# What happened to FULLBODY ROUTINES?!



## shainesboostin (Feb 23, 2012)

Like the title says, what happened to people doing FULLBODY routines 3x a week. There simply and effective: Monday, Wednesday, Friday.

I thought about going back to this for awhile, but do HLM (Heavy, Light, Medium) days.

Thoughts?


----------



## Buffout (Jun 15, 2012)

I'm currently doing full body. I'd done 3-4 day splits for ages and thought I'd try FB.

It helped me bust a plateau and I really enjoyed it.

I wonder why popularity has declined?


----------



## Mish (May 1, 2011)

The popularity has declined because most people feels they are at an advanced stage where they need to focus and isolate body parts to maximize their growth when really a FB will give the same if not better results


----------



## squatthis (May 3, 2010)

I did a full body routine for a while, I did 4 weeks at high reps, 4 weeks medium and 4 weeks heavy. Obviously with weights matching the reps. I found it good, but I do prefer a split which focuses on compound movements like I'm currently doing.


----------



## Buffout (Jun 15, 2012)

I've heard a couple of times that full body is better for natty but I feel both would work well given they are done properly?


----------



## NSGym (Aug 23, 2011)

I get 95% of new members doing full body 3x8 to start, some move onto 5x5 full body, but they are a main stay at our gym, work well here, natty or not!


----------



## squatthis (May 3, 2010)

Yeah, theres no reason for either to work any worse as long as intensity, diet and rest are spot on.


----------



## GolfDelta (Jan 5, 2010)

Because people watch videos of Phil Heath and Jay Cutler on YouTube and think that they should be training the same as them.......despite weighing 12 stone and being natty and eating a crap diet.

I like a split purely because it allows me to train more days in a week and I enjoy going to the gym!However I do sometimes switch to push/pull/legs for a change.


----------



## Buffout (Jun 15, 2012)

I'm doing the Muscle and Strength Intermediate from the bottom of this page http://www.muscleandstrength.com/articles/forget-steroids-5-fullbody-workouts-for-serious-gains.html with a couple of variations to suit me.

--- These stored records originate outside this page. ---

-- ===== src/Gateway/Dispatch/Outcome.antt =====
-- The errors of src/infrastructure/gateway/gateway-dispatch.ts: which of them fail over, what
-- `recordOutcome` writes, and the rate limit. Whether a message matches the quota patterns, and whether
-- it speaks of usage, quota or limit, are parameters, since both are regular expressions.
pub mod Recorded
use pi_smart_router.Prelude.{
  ℕ, String, Bool, false, not, ◌&&◌, ◌||◌, Option, none, some, List, [], ◌∷◌, ◌++◌, find, any,
  get_or, ◌==◌, str_eq, if◌then◌else◌,
}
use pi_smart_router.Prelude.Texts.{text_eq, units}
use pi_smart_router.Types.{Text, ModelProfile, RoutingDecision}
use pi_smart_router.Gateway.CircuitBreaker.{
  ProviderError, is_infra_error, record_success, record_failure,
}
use pi_smart_router.Gateway.Dispatch.{
  GatewayDispatch, has_id, is_cursor_subscription_model, FailoverDraws, dispatch,
}

abbrev cursor_quota_error_codes : List String
cursor_quota_error_codes =
    "usage_limit_exceeded" ∷ "resource_exhausted" ∷ "quota_exceeded" ∷ "insufficient_quota" ∷ []

abbrev is_too_many : Option ℕ → Bool
is_too_many none = false
is_too_many (some status) = status == 429

-- `new Set(…).add(id)`
abbrev pub add_id : List String → String → List String
add_id ids id = if has_id ids id then ids else ids ++ (id ∷ [])

module _ (normal : String → Text) (quota_message limit_message : String → Bool) where
  abbrev is_quota_code : Option String → Bool
  is_quota_code none = false
  is_quota_code (some code) = any (λ c. text_eq (normal code) (units c)) cursor_quota_error_codes

  unfoldable pub is_cursor_quota_exhausted_error : ProviderError → Bool
  is_cursor_quota_exhausted_error error =
      is_quota_code error.code
      || (not (str_eq (get_or error.message "") "") && quota_message (get_or error.message ""))
      || (is_too_many error.status_code && limit_message (get_or error.message ""))

  -- `failedModel && isCursorSubscriptionModel(failedModel) && error.statusCode === 429`
  abbrev pub subscription_limit : Option ModelProfile → ProviderError → Bool
  subscription_limit none error = false
  subscription_limit (some model) error =
      is_cursor_subscription_model normal model && is_too_many error.status_code

  unfoldable pub should_failover_on_provider_error : ProviderError → Option ModelProfile → Bool
  should_failover_on_provider_error error failed_model =
      is_cursor_quota_exhausted_error error
      || subscription_limit failed_model error
      || is_infra_error error

  abbrev exhaust : GatewayDispatch → String → GatewayDispatch
  exhaust g id = record g { quota_exhausted_models = add_id g.quota_exhausted_models id }

  abbrev pub failed_model : GatewayDispatch → String → Option ModelProfile
  failed_model g id = find (λ m. str_eq m.id id) g.fleet

  -- `recordOutcome`
  unfoldable pub record_outcome :
      GatewayDispatch → String → Option ProviderError → ℕ → GatewayDispatch
  record_outcome g id none now = record g {
    circuit_breaker = record_success g.circuit_breaker id now;
  }
  record_outcome g id (some error) now =
      if is_cursor_quota_exhausted_error error
      then exhaust g id
      else if subscription_limit (failed_model g id) error
      then exhaust g id
      else if is_infra_error error
      then record g { circuit_breaker = record_failure g.circuit_breaker id now }
      else g

  -- `hasQuotaExhaustion`
  abbrev pub has_quota_exhaustion : GatewayDispatch → String → Bool
  has_quota_exhaustion g id = has_id g.quota_exhausted_models id

-- The answer of `consumeToken`.
pub record Bucket : Type 0 where
  pub allowed : Bool
  pub retry_after_seconds : Option ℕ

pub data RateLimited : Type 0 where
  limited : ℕ → RateLimited
  routed : RoutingDecision → RateLimited

abbrev pub is_refused : Option Bucket → Bool
is_refused none = false
is_refused (some bucket) = not bucket.allowed

abbrev retry_after : Option Bucket → ℕ
retry_after none = 0
retry_after (some bucket) = get_or bucket.retry_after_seconds 0

-- `dispatchWithRateLimit`: the bucket is none without a rate limiter, and a dispatch is run on the
-- gateway's own fleet.
unfoldable pub dispatch_with_rate_limit :
    (String → Text)
    → Option Bucket
    → FailoverDraws
    → GatewayDispatch
    → String
    → RoutingDecision
    → ℕ
    → RateLimited × GatewayDispatch
dispatch_with_rate_limit normal bucket draws g session_id decision now =
    if is_refused bucket
    then (limited (retry_after bucket), g)
    else let (final, g') = dispatch normal draws g session_id decision g.fleet now in
      (routed final, g')
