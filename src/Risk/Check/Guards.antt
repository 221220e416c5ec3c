-- ===== src/Risk/Check/Guards.antt =====
-- The guards of `check_order_risk` of app/risk_manager.py, each of which gives the code for which it blocks,
-- if any, and what they read. The details that only the log shows are left out.
use Prim.Native.String.{String}
use auto_coin_bot.Common.{
  ℕ, Bool, true, false, not, ◌&&◌, ◌||◌, Option, none, some, List, [], ◌∷◌, ◌++◌, if◌then◌else◌,
  ltb, is_some,
}
use auto_coin_bot.Common.Float.{
  Float, ◌+◌, ◌*◌, ◌/◌, lt, le, gt, ge, int, nought, abs, min, float, or_else,
}
use auto_coin_bot.Common.Table.{str_eq}
use auto_coin_bot.Risk
use auto_coin_bot.Risk.{RiskConfig, Purpose, Side, Code, is_entry, is_exit, is_buy, side_text}
use auto_coin_bot.Risk.State
use auto_coin_bot.Risk.State.{RiskState, Position, Queries, reached}
use auto_coin_bot.Risk.Market.{Snapshot, market_condition_block}
use auto_coin_bot.Risk.Duplicate.{Query, LogRow, duplicate_order_exists}

pub data Mode : Type 0 where
  live_manual_only auto_strategy_running other_mode : Mode

abbrev pub is_live_mode : Mode → Bool
is_live_mode other_mode = false
is_live_mode _ = true

-- A type of order, as both `order_type` and `ord_type` are compared without case.
pub data OrderType : Type 0 where
  limit market other_type : OrderType

abbrev pub is_limit : OrderType → Bool
is_limit limit = true
is_limit _ = false

abbrev pub is_market : OrderType → Bool
is_market market = true
is_market _ = false

pub record Order (F : Type 0) : Type 0 where
  pub request_id : String
  pub exchange : String
  pub market : String
  pub side : Side
  pub order_type : Option OrderType
  pub ord_type : Option OrderType
  pub amount_krw : Option F
  pub price : Option F
  pub volume : Option F
  pub scale_in : Bool

pub record Policy (F : Type 0) : Type 0 where
  pub auto_trading_enabled : Bool
  pub max_total_exposure_krw : Option F
  pub daily_loss_limit_pct : Option F

-- A candidate strategy: its market, and whether its status is LIVE_ELIGIBLE or LIVE_ACTIVE.
pub record Candidate : Type 0 where
  pub market : String
  pub is_live_status : Bool

-- The argument `balances`: None, an empty dictionary, or the KRW that `_available_balance_total` finds.
pub data Balances (F : Type 0) : Type 0 where
  absent empty : Balances F
  krw : F → Balances F

-- The arguments of the call, but the order.
pub record Call (F : Type 0) : Type 0 where
  pub purpose : Purpose
  pub mode : Mode
  pub session_id : Option ℕ
  pub candidate_strategy_id : Option ℕ
  pub candle_time_utc : Option ℕ
  pub is_auto : Bool
  pub profit_engine_entry : Bool
  pub balance_mismatch : Option Bool
  pub account_equity_krw : Option F  -- the effective one: given, or estimated from the balances
  pub snapshot : Option (Snapshot F)
  pub balances : Balances F

-- What the call reads from the database and from the clock.
pub record Facts (F : Type 0) : Type 0 where
  pub queries : Queries F
  pub candidate : Option Candidate
  pub market_is_live_allowed : Bool
  pub policy : Policy F
  pub positions : List (Position F)  -- open, of the exchange and the market
  pub open_for_strategy : Bool
  pub exchange_open_positions : ℕ
  pub order_logs : List LogRow
  pub now_us : ℕ

abbrev pub guard : Bool → Code → Option Code
guard test code = if test then some code else none

unfoldable pub candidate_allows : Option Candidate → String → Bool → Bool
candidate_allows none symbol live_allowed = false
candidate_allows (some k) symbol live_allowed =
    k.is_live_status && str_eq k.market symbol && live_allowed

abbrev pub type_or : Option OrderType → OrderType → OrderType
type_or none d = d
type_or (some t) d = t

abbrev pub entry_checks : Bool → List (String × Option Code) → List (String × Option Code)
entry_checks test cs = if test then cs else []

module _ {F : Type 0} ⦃num : Float F⦄ where
  unfoldable pub mode_check : Call F → Facts F → Option Code
  mode_check c f =
      if f.queries.emergency_stopped
      then some Risk.emergency_stop
      else guard (not (is_live_mode c.mode) && not c.is_auto) Risk.invalid_mode

  unfoldable pub exchange_check : Order F → Facts F → Option Code
  unfolding candidate_allows
  exchange_check o f =
      let live =
        str_eq o.market "KRW-BTC"
        || candidate_allows f.candidate o.market f.market_is_live_allowed in
      if not (str_eq o.exchange "bithumb")
      then some Risk.exchange_not_allowed
      else guard (not live) Risk.market_not_allowed

  -- `order.get("ord_type", "")` is no limit where the key is missing.
  unfoldable pub order_type_check : Order F → Option Code
  order_type_check o =
      let kind = type_or o.order_type (type_or o.ord_type limit) in
      if not (is_limit kind) && not (is_limit (type_or o.ord_type other_type))
      then some Risk.order_type_not_allowed
      else guard (is_market kind) Risk.market_order_disabled

  unfoldable pub order_amount : Order F → F
  order_amount o = or_else (float o.amount_krw) (float o.price * float o.volume)

  unfoldable pub amount_check : RiskConfig F → Order F → Call F → Option Code
  unfolding order_amount
  amount_check config o c =
      guard
        (gt (order_amount o) config.max_order_krw
          && not (c.profit_engine_entry && is_entry c.purpose && is_buy o.side))
        Risk.max_order_amount

  abbrev pub snapshot_price : Option (Snapshot F) → F
  snapshot_price none = nought
  snapshot_price (some s) = or_else (float s.price) (float s.trade_price)

  unfoldable pub bot_value : Call F → Facts F → F
  bot_value c f = State.current_bot_position_value_krw (snapshot_price c.snapshot) f.positions

  -- `balances is not None and available_krw < amount`
  abbrev pub below : Balances F → F → Bool
  below absent amount = false
  below empty amount = lt nought amount
  below (krw available) amount = lt available amount

  unfoldable pub operation_policy_check : Order F → Call F → Facts F → RiskState F → Option Code
  unfolding order_amount bot_value
  operation_policy_check o c f state =
      let amount = order_amount o in
      let limit = float f.policy.max_total_exposure_krw in
      let value = bot_value c f in
      let loss_limit = limit * float f.policy.daily_loss_limit_pct / int 100 in
      if not (is_entry c.purpose && is_buy o.side && c.is_auto)
      then none
      else if not f.policy.auto_trading_enabled
      then some Risk.policy_auto_trading_disabled
      else if le limit nought
      then some Risk.policy_max_exposure_invalid
      else if ge value limit && not c.profit_engine_entry
      then some Risk.policy_max_total_exposure
      else if gt (value + amount) limit && not c.profit_engine_entry
      then some Risk.policy_max_total_exposure
      else if below c.balances amount
      then some Risk.policy_krw_balance_insufficient
      else guard (gt loss_limit nought && ge (abs (min state.daily_total_pnl nought)) loss_limit)
          Risk.policy_daily_loss_limit

  unfoldable pub position_check : RiskConfig F → Order F → Call F → Facts F → Option Code
  position_check config o c f =
      let same = is_some c.candidate_strategy_id && f.open_for_strategy in
      guard (config.block_on_open_position && same && not o.scale_in) Risk.open_position_exists

  unfoldable pub max_open_positions_check : RiskConfig F → Order F → Facts F → Option Code
  max_open_positions_check config o f =
      guard (reached config.max_open_positions f.exchange_open_positions && not o.scale_in)
        Risk.max_open_positions

  unfoldable pub symbol_allocation_check : RiskConfig F → Order F → Call F → Facts F → Option Code
  unfolding order_amount bot_value
  symbol_allocation_check config o c f =
      let limit = float f.policy.max_total_exposure_krw in
      let cap =
        if gt limit nought then limit * (config.max_position_ratio_percent / int 100) else nought in
      guard (gt cap nought && gt (bot_value c f + order_amount o) cap && not c.profit_engine_entry)
        Risk.max_symbol_allocation

  unfoldable pub daily_limit_check : RiskConfig F → Call F → RiskState F → Option Code
  daily_limit_check config c state =
      if reached config.max_orders_per_day state.daily_order_count
      then some Risk.max_orders_per_day
      else if is_entry c.purpose && reached config.max_entry_orders_per_day state.daily_entry_count
      then some Risk.max_entry_orders_per_day
      else if is_exit c.purpose && reached config.max_exit_orders_per_day state.daily_exit_count
      then some Risk.max_exit_orders_per_day
      else guard
          (is_entry c.purpose
            && (ge (abs (min state.daily_total_pnl nought)) config.max_daily_loss_krw
                || ge state.daily_loss_percent config.max_daily_loss_percent))
          Risk.daily_loss_limit

  unfoldable pub loss_streak_check : RiskConfig F → Call F → RiskState F → Option Code
  loss_streak_check config c state =
      guard
        (is_entry c.purpose
          && reached config.stop_after_consecutive_losses state.consecutive_loss_count)
        Risk.consecutive_loss_limit

  unfoldable pub cooldown_check : RiskConfig F → Facts F → RiskState F → Option Code
  cooldown_check config f state =
      guard
        (ltb 0 (
          State.cooldown_remaining_seconds state.last_order_time_utc config.min_cooldown_seconds
            f.now_us))
        Risk.cooldown

  unfoldable pub loss_cooldown_check : RiskConfig F → Call F → Facts F → RiskState F → Option Code
  loss_cooldown_check config c f state =
      guard
        (is_entry c.purpose
          && ltb 0 (
              State.cooldown_remaining_seconds state.last_loss_time_utc config.loss_cooldown_seconds
                f.now_us))
        Risk.cooldown_after_loss

  unfoldable pub query_of : Order F → Call F → Query
  query_of o c = record {
    exchange = o.exchange;
    market = o.market;
    side = side_text o.side;
    request_id = o.request_id;
    session_id = c.session_id;
    candidate_strategy_id = c.candidate_strategy_id;
    candle_time_utc = c.candle_time_utc;
  }

  -- The guards behind `base_check`, in the order of the code.
  unfoldable pub guards :
      RiskConfig F → Order F → Call F → Facts F → RiskState F → List (String × Option Code)
  guards config o c f state =
      ("mode_check", mode_check c f)
        ∷ ("exchange_check", exchange_check o f)
        ∷ ("order_type_check", order_type_check o)
        ∷ ("amount_check", amount_check config o c)
        ∷ ("operation_policy_check", operation_policy_check o c f state)
        ∷ entry_checks (is_entry c.purpose) (("position_check", position_check config o c f) ∷ [])
      ++ entry_checks (is_entry c.purpose && is_buy o.side) (
          ("max_open_positions_check", max_open_positions_check config o f)
          ∷ ("symbol_allocation_check", symbol_allocation_check config o c f)
          ∷ [])
      ++ (
        "open_order_check",
        guard (config.block_on_open_order && ltb 0 state.open_order_count) Risk.open_order_exists,
      )
        ∷ (
          "partial_fill_check",
          guard (config.block_on_partial_fill && state.partial_fill_detected)
              Risk.partial_fill_unsupported,
        )
        ∷ (
          "balance_reconciliation_check",
          guard (config.block_on_balance_mismatch && state.balance_mismatch_detected)
              Risk.balance_mismatch,
        )
        ∷ ("daily_limit_check", daily_limit_check config c state)
        ∷ ("loss_streak_check", loss_streak_check config c state)
        ∷ ("cooldown_check", cooldown_check config f state)
        ∷ ("loss_cooldown_check", loss_cooldown_check config c f state)
        ∷ ("duplicate_check", duplicate_order_exists (query_of o c) f.order_logs)
        ∷ entry_checks (is_entry c.purpose)
            (("market_condition_check", market_condition_block c.snapshot config) ∷ [])
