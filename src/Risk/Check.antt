-- ===== src/Risk/Check.antt =====
-- `check_order_risk` of app/risk_manager.py: one order against every guard of Risk/Check/Guards, each a name with
-- the code for which it blocks, if any. `record_check` is what the closures `block` and `ok` do to the
-- result.
use Prim.Native.Nat.{◌+◌ as plus}
use Prim.Native.String.{String}
use auto_coin_bot.Common.{
  ℕ, Bool, true, false, not, ◌&&◌, ◌||◌, Option, none, some, List, [], ◌∷◌, ◌++◌, if◌then◌else◌,
  ltb, leb, is_some,
}
use auto_coin_bot.Common.Float.{
  Float, ◌+◌, ◌-◌, ◌*◌, ◌/◌, lt, le, gt, ge, int, nought, abs, max, min, float, or_else,
}
use auto_coin_bot.Common.Table.{str_eq, insert, set_default}
use auto_coin_bot.Risk
use auto_coin_bot.Risk.{RiskConfig, Purpose, Side, Code, is_entry, is_exit, is_buy}
use auto_coin_bot.Risk.State
use auto_coin_bot.Risk.State.{RiskState, Position, Queries, reached}
use auto_coin_bot.Risk.Market.{Snapshot, market_condition_block}
use auto_coin_bot.Risk.Duplicate.{Query, LogRow, duplicate_order_exists}
pub mod Guards
unfoldable pub use Guards.*
pub mod Outcome
pub mod Passed
pub mod Safety
mod Tests

pub record Entry : Type 0 where
  pub allowed : Bool
  pub code : Option Code

pub data Level : Type 0 where
  low medium blocked : Level

-- The keys of the result that the guards change.
pub record Verdict : Type 0 where
  pub allowed : Bool
  pub risk_level : Level
  pub block_code : Option Code
  pub checks : List (String × Entry)

-- `block(code, check_name)`: the first code stays.
unfoldable pub block : String → Code → Verdict → Verdict
block name code v = record v {
  allowed = false;
  risk_level = if v.allowed then blocked else v.risk_level;
  block_code = if v.allowed then some code else v.block_code;
  checks = insert name (record { allowed = false; code = some code }) v.checks;
}

-- `ok(check_name)`
unfoldable pub ok : String → Verdict → Verdict
ok name v = record v { checks = set_default name (record { allowed = true; code = none }) v.checks }

unfoldable pub record_check : String × Option Code → Verdict → Verdict
unfolding block ok
record_check (name, none) v = ok name v
record_check (name, some code) v = block name code v

unfoldable pub record_checks : List (String × Option Code) → Verdict → Verdict
record_checks [] v = v
record_checks (c ∷ cs) v = record_checks cs (record_check c v)

-- The caller's result. Its code is the `block_code`, or else, where it refuses, the `risk_result` or
-- the `blocked_reason`.
pub record Base (F : Type 0) : Type 0 where
  pub allowed : Bool
  pub block_code : Option Code
  pub risk_level : Option Level
  pub max_allowed_order_krw : Option F

-- The code of `_standard_result`: a refusal with no code of its own is "BLOCKED".
abbrev pub code_of : Bool → Option Code → Option Code
code_of allowed (some c) = some c
code_of true none = none
code_of false none = some (Risk.base "BLOCKED")

abbrev pub level_of : Bool → Option Level → Level
level_of allowed (some l) = l
level_of true none = low
level_of false none = blocked

module _ {F : Type 0} ⦃num : Float F⦄ where
  -- `_standard_result`, with the entry `base_check` that follows it.
  unfoldable pub standard_result : Base F → Verdict
  standard_result b = record {
    allowed = b.allowed;
    risk_level = level_of b.allowed b.risk_level;
    block_code = code_of b.allowed b.block_code;
    checks =
        (
          "base_check",
          record {
            allowed = b.allowed;
            code = if b.allowed then none else code_of b.allowed b.block_code;
          },
        )
        ∷ [];
  }

  -- LOW rises to MEDIUM where the risk state asks for care.
  unfoldable pub raise_level : RiskState F → Verdict → Verdict
  raise_level state v = record v {
    risk_level = elim v.risk_level [
      | low ↦ elim state.status [
        | State.Status.warning ↦ if v.allowed then medium else low
        | State.Status.manual_review_required ↦ if v.allowed then medium else low
        | _ ↦ low
      ]
      | medium ↦ medium
      | blocked ↦ blocked
    ];
  }

  abbrev amount_or : Option F → F → F
  amount_or none d = d
  amount_or (some x) d = x

  -- `policy_check_detail["max_allowed_entry_krw"]`
  unfoldable pub max_allowed_entry : Call F → Facts F → F
  unfolding bot_value
  max_allowed_entry c f =
      let limit = float f.policy.max_total_exposure_krw in
      let room = if gt limit nought then max (limit - bot_value c f) nought else nought in
      elim c.balances [ absent ↦ room | empty ↦ room | krw available ↦ min room available ]

  -- `result["max_allowed_order_krw"]` at the end.
  unfoldable pub max_allowed_order : RiskConfig F → Base F → Order F → Call F → Facts F → F
  unfolding max_allowed_entry order_amount
  max_allowed_order config b o c f =
      let buying = is_entry c.purpose && is_buy o.side in
      if c.profit_engine_entry && buying
      then or_else (amount_or b.max_allowed_order_krw config.max_order_krw) (order_amount o)
      else let capped =
          min (amount_or b.max_allowed_order_krw config.max_order_krw) config.max_order_krw in
        if buying then min capped (max_allowed_entry c f) else capped

  unfoldable pub check_order_risk : RiskConfig F → Base F → Order F → Call F → Facts F → Verdict × F
  unfolding guards standard_result record_checks record_check raise_level max_allowed_order
  check_order_risk config b o c f =
      let state =
        State.compute_risk_state config f.queries c.balance_mismatch c.account_equity_krw in
      let v = record_checks (guards config o c f state) (standard_result b) in
      (raise_level state v, max_allowed_order config b o c f)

Hopefully it's a good one.


----------



## justin case (Jul 31, 2012)

when i joined my first gym every new trainee was put on a full body routine for at least a year, and we all grew, and grew fast...we had decent physiques after a years training and our strength had gone through the roof...people want to run before they can walk now, and all they get for their efforts is crap progress.


----------



## GolfDelta (Jan 5, 2010)

justin case said:


> when i joined my first gym every new trainee was put on a full body routine for at least a year, and we all grew, and grew fast...we had decent physiques after a years training and our strength had gone through the roof...people want to run before they can walk now, *and all they get for their efforts is crap progress*.


Which then demotivates them,leads them to think they are a 'hard gainer' and turn to steroids at the drop of a hat!


----------



## squatthis (May 3, 2010)

GolfDelta said:


> Which then demotivates them,leads them to think they are a 'hard gainer' and turn to steroids at the drop of a hat!


This, see it all the time.

Well, that or they quit and tell everyone they just can't do it, no matter how hard they try.


----------



## justin case (Jul 31, 2012)

i used to have to beg the gym owner for a change in my routine, and he would say...not yet, keep with it for a few more weeks because i've got something special coming...and then he changed bench press and squats for a 10x8x6x4x2x1 pyramid, and my progress went mental, my pecs grew so fast i had stretch marks on my chest and shoulders, i was doing 10 reps with 200lbs on the bench and close to squatting with 400lbs, at a bodyweight of 11 stone, with just a normal diet, no supplements..i just drank lots of milk...great days...and every new trainer should experience that sort of progress if only they could put their minds to it.


----------



## defdaz (Nov 11, 2007)

When did the words full and body become a single word? :innocent:

But I agree, for beginners full body workouts are effective. Then you can switch to upper body / lower body or a similar two way split once gains slow or you want to focus on particular areas more.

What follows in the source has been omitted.